> [TASK STATEMENT] After reading the data below, copy out every line that contains the word "subst".

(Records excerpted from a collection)
★ ★ ★ ★ ★ ★ ★

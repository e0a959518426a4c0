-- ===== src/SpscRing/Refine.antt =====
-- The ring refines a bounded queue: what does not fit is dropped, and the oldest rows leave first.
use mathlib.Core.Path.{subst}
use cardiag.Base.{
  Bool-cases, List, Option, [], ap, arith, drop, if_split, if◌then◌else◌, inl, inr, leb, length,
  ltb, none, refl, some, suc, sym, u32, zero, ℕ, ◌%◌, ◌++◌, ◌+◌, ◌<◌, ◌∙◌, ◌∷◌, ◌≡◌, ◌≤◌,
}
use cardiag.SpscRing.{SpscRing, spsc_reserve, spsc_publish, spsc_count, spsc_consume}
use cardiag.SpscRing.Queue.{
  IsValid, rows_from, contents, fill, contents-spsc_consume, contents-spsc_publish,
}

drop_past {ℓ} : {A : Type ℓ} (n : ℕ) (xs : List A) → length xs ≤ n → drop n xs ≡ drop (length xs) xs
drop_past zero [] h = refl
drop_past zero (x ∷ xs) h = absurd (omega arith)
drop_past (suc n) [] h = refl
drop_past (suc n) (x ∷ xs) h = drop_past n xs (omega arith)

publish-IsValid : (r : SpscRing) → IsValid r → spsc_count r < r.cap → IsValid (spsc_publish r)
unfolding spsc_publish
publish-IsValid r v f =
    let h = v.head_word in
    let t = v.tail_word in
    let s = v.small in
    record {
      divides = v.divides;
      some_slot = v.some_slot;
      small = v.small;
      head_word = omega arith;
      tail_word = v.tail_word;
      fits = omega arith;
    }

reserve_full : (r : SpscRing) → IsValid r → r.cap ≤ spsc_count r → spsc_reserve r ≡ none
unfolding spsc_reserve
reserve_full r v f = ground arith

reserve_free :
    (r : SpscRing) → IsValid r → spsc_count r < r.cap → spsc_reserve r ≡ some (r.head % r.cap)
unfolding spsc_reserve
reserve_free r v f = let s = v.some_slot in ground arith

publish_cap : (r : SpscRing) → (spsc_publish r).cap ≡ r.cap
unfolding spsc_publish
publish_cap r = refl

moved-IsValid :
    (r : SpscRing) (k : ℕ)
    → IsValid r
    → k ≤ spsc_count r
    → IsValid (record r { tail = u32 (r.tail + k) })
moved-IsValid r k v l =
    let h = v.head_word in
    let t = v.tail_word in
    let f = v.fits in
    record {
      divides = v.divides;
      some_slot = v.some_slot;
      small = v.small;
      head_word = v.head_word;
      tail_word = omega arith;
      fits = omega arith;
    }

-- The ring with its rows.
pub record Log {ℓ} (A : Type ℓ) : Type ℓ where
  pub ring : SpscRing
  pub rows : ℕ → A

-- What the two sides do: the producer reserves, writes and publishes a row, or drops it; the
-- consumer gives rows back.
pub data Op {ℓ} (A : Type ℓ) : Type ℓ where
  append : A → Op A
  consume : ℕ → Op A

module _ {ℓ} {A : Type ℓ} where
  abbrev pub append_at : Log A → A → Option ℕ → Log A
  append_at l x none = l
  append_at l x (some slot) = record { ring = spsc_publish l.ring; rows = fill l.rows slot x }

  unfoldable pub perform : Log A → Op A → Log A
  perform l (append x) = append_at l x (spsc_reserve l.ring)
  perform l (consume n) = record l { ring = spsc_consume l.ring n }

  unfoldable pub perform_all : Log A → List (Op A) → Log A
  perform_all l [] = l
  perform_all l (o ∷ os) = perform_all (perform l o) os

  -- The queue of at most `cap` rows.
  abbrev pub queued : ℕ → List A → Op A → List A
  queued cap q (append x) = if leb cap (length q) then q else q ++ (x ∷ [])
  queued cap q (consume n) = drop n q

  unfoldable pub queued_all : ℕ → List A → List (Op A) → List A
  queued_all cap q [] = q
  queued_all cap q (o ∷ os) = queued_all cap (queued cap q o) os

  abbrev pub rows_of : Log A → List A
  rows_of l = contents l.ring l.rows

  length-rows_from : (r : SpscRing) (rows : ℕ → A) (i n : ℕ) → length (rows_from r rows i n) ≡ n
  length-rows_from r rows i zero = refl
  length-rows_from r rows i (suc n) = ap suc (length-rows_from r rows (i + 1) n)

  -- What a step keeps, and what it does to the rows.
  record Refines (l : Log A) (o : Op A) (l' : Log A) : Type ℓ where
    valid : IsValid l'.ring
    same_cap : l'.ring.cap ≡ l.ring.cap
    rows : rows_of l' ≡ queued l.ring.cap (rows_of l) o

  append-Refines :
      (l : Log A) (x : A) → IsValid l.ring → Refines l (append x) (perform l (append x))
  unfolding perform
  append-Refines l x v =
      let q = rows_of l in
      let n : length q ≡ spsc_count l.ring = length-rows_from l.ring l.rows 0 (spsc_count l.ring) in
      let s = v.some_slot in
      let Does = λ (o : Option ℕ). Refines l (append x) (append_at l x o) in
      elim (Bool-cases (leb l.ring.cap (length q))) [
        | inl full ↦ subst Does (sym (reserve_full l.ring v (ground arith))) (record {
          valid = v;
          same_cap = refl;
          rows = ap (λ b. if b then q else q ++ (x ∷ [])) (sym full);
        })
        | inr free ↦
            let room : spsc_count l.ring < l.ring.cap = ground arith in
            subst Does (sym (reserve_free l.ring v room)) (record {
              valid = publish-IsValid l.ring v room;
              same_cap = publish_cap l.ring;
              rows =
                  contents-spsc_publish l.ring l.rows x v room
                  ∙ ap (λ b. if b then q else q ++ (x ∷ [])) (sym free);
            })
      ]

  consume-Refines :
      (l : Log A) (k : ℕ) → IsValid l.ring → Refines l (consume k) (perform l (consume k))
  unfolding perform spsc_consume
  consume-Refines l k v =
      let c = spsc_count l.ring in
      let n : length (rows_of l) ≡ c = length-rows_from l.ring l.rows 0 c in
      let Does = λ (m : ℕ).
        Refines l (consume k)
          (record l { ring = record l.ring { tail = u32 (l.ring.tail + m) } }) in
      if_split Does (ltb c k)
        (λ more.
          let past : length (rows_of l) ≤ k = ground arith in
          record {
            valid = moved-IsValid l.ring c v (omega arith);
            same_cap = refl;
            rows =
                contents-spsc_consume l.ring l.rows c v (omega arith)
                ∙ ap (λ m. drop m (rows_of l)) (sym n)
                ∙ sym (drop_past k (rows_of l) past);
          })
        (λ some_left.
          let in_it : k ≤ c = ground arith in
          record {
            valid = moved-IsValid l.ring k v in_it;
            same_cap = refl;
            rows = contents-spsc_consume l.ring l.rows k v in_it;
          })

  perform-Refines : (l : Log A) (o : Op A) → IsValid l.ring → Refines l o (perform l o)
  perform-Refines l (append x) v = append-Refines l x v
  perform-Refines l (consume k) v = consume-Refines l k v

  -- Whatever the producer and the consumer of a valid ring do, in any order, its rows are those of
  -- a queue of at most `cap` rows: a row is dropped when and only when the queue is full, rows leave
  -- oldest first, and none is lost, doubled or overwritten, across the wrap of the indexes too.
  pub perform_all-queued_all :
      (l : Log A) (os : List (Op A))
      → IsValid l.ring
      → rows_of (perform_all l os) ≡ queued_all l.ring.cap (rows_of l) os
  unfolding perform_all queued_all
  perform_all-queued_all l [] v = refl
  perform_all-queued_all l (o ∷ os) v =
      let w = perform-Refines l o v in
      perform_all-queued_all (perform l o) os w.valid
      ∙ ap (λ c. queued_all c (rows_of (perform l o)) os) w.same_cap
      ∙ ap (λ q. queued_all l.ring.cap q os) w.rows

★ ★ ★ ★ ★ ★ ★

> [WRITTEN SOLUTION]
use mathlib.Core.Path.{subst}
        | inl full ↦ subst Does (sym (reserve_full l.ring v (ground arith))) (record {
            subst Does (sym (reserve_free l.ring v room)) (record {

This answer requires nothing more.